(Stored dataset items)
- - -
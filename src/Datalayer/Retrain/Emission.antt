-- ===== src/Datalayer/Retrain/Emission.antt =====
-- What a retraining job that was emitted without force means (datalayer/retrain.py).
use loyiha.Base.{
  ℕ, ◌+◌, ◌≤◌, ◌≡◌, ◌≢◌, refl, ap, inl, inr, false, Option, none, some, List, [], ◌∷◌, ◌++◌, map,
  keep, is_empty, arith, Bool-cases, All, String, subst,
}
use loyiha.Contracts.Common.{Uuid, ThreatCategory}
use loyiha.Datalayer.Labels.{or_else}
use loyiha.Datalayer.Balance.{
  Counts, ClassStats, BalanceReport, trainable_classes, compute_balance_report, class_stats,
  all_categories, total_count, get_count, min_labels_per_class,
}
use loyiha.Datalayer.Retrain.{
  TriggerReason, RetrainThresholds, RetrainJobSpec, Scheduler, in_cooldown, evaluate_triggers,
  spec_of, emit, check_and_emit,
}
use loyiha.Datalayer.Retrain.Triggers.{newly_empty}

-- The thresholds, at a total of labels and a time.
pub record IsDue {W : Type 0} (t : RetrainThresholds) (s : Scheduler W) (total now : ℕ)
    : Type 0 where
  pub enough : t.min_total_labels ≤ total
  pub grown : s.labels_at_last_retrain + t.min_new_labels_since_last ≤ total
  pub cooled : (last : ℕ) → s.last_retrain_at ≡ some last → last + t.min_cooldown ≤ now

module _ {W : Type 0} (q : ℕ → ℕ → W) (counts : Counts) where
  due :
      (t : RetrainThresholds) (s : Scheduler W) (now : ℕ) (r : TriggerReason)
      → evaluate_triggers t s (compute_balance_report q counts) now ≡ some r
      → IsDue t s (total_count counts) now
  unfolding evaluate_triggers compute_balance_report in_cooldown
  due t s now r h = record {
    enough = ground (arith, h, newly_empty q counts);
    grown = ground (arith, h, newly_empty q counts);
    cooled = λ last p. ground (arith, h, p);
  }

  -- every class of a job has its minimum
  ready :
      (cs : List ThreatCategory)
      → All
          (λ c. min_labels_per_class c ≤ get_count counts (some c))
          (map
            (λ (s : ClassStats W). s.category)
            (keep (λ (s : ClassStats W). s.meets_minimum) (map (class_stats q counts) cs)))
  unfolding class_stats
  ready [] = tt
  ready (c ∷ cs) = elim (Bool-cases ((class_stats q counts c).meets_minimum)) [
    | inl p ↦ rw p (ground (arith, p), ready cs)
    | inr p ↦ rw p (ready cs)
  ]

-- What an emitted job says and does: it was due, its classes are there and each has its minimum,
-- it is the one new job file, and the scheduler remembers its total.
pub record IsEmitted {W : Type 0} (t : RetrainThresholds) (counts : Counts) (now : ℕ)
    (s s' : Scheduler W) (spec : RetrainJobSpec W) : Type 0 where
  pub is_due : IsDue t s spec.total_labels now
  pub total : spec.total_labels ≡ total_count counts
  pub some_class : spec.trainable ≢ []
  pub ready : All (λ c. min_labels_per_class c ≤ get_count counts (some c)) spec.trainable
  pub written : s'.jobs ≡ s.jobs ++ (spec ∷ [])
  pub remembered : s'.labels_at_last_retrain ≡ spec.total_labels

module _ {W : Type 0} (q : ℕ → ℕ → W) (uuid4 : Uuid) (clock : ℕ → ℕ) (checkpoint : Option String)
    (t : RetrainThresholds) (counts : Counts) (version : Option String) where
  abbrev report : BalanceReport W
  report = compute_balance_report q counts

  nonempty :
      (ss : List (ClassStats W))
      → is_empty ss ≡ false
      → map (λ (s : ClassStats W). s.category) ss ≢ []
  nonempty [] h e = absurd (ground (arith, h))
  nonempty (x ∷ xs) h e = absurd (ground (arith, e))

  emit-IsEmitted :
      (r : TriggerReason) (s s' : Scheduler W) (spec : RetrainJobSpec W)
      → IsDue t s (total_count counts) (clock 0)
      → emit q uuid4 clock checkpoint report false version (some r) s ≡ (some spec, s')
      → IsEmitted t counts (clock 0) s s' spec
  unfolding emit spec_of compute_balance_report trainable_classes
  emit-IsEmitted r s s' spec d h = elim (Bool-cases (is_empty (trainable_classes report))) [
    | inl p ↦ absurd (ground (arith, h, p))
    | inr p ↦
        let same : _ ≡ spec =
          ap (λ (x : Option (RetrainJobSpec W) × Scheduler W). or_else x.0 spec) (rw p at h) in
        let after : _ ≡ s' =
          ap (λ (x : Option (RetrainJobSpec W) × Scheduler W). x.1) (rw p at h) in
        subst (IsEmitted t counts (clock 0) s s') same (
          subst
            (λ x.
              IsEmitted t counts (clock 0) s x
                (spec_of q uuid4 clock checkpoint report r (or_else version "unversioned")))
            after
            (record {
              is_due = d;
              total = refl;
              some_class = λ e. nonempty (trainable_classes report) p e;
              ready = ready q counts all_categories;
              written = refl;
              remembered = refl;
            }))
  ]

  -- A job emitted without force is due, names only classes that have their minimum, and is the
  -- one job that the check writes.
  pub check_and_emit-IsEmitted :
      (s s' : Scheduler W) (spec : RetrainJobSpec W)
      → check_and_emit q uuid4 clock checkpoint t counts version false s ≡ (some spec, s')
      → IsEmitted t counts (clock 0) s s' spec
  unfolding check_and_emit emit
  check_and_emit-IsEmitted s s' spec h = go (evaluate_triggers t s report (clock 0)) refl h
    where
      go :
          (o : Option TriggerReason)
          → evaluate_triggers t s report (clock 0) ≡ o
          → emit q uuid4 clock checkpoint report false version o s ≡ (some spec, s')
          → IsEmitted t counts (clock 0) s s' spec
      go none p h = absurd (ground (arith, h))
      go (some r) p h = emit-IsEmitted r s s' spec (due q counts t s (clock 0) r p) h

  -- Once a job has been emitted, a second check of the same labels emits none, at whatever time and
  -- for whatever version, if a job needs a new label at all.
  pub emitted_once :
      (uuid4' : Uuid) (clock' : ℕ → ℕ) (version' : Option String) (s s' : Scheduler W)
      (spec : RetrainJobSpec W)
      → 1 ≤ t.min_new_labels_since_last
      → check_and_emit q uuid4 clock checkpoint t counts version false s ≡ (some spec, s')
      → check_and_emit q uuid4' clock' checkpoint t counts version' false s' ≡ (none, s')
  unfolding check_and_emit emit
  emitted_once uuid4' clock' version' s s' spec new h =
      go (evaluate_triggers t s' report (clock' 0)) refl
    where
      w : IsEmitted t counts (clock 0) s s' spec
      w = check_and_emit-IsEmitted s s' spec h

      go :
          (o : Option TriggerReason)
          → evaluate_triggers t s' report (clock' 0) ≡ o
          → emit q uuid4' clock' checkpoint report false version' o s' ≡ (none, s')
      go none p = refl
      go (some r) p =
          let d = due q counts t s' (clock' 0) r p in
          absurd (omega (arith, d.grown, w.remembered, w.total, new))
- - -
*What you will do*.
Beginning at the line with "unfolding emit spec_of" and ending at the line with "ap (λ (x : Option (RetrainJobSpec W) × Scheduler W). or_else", reproduce each line of the data above exactly, and add no other lines.

*Response to the exercise*.
  unfolding emit spec_of compute_balance_report trainable_classes
  emit-IsEmitted r s s' spec d h = elim (Bool-cases (is_empty (trainable_classes report))) [
    | inl p ↦ absurd (ground (arith, h, p))
    | inr p ↦
        let same : _ ≡ spec =
          ap (λ (x : Option (RetrainJobSpec W) × Scheduler W). or_else x.0 spec) (rw p at h) in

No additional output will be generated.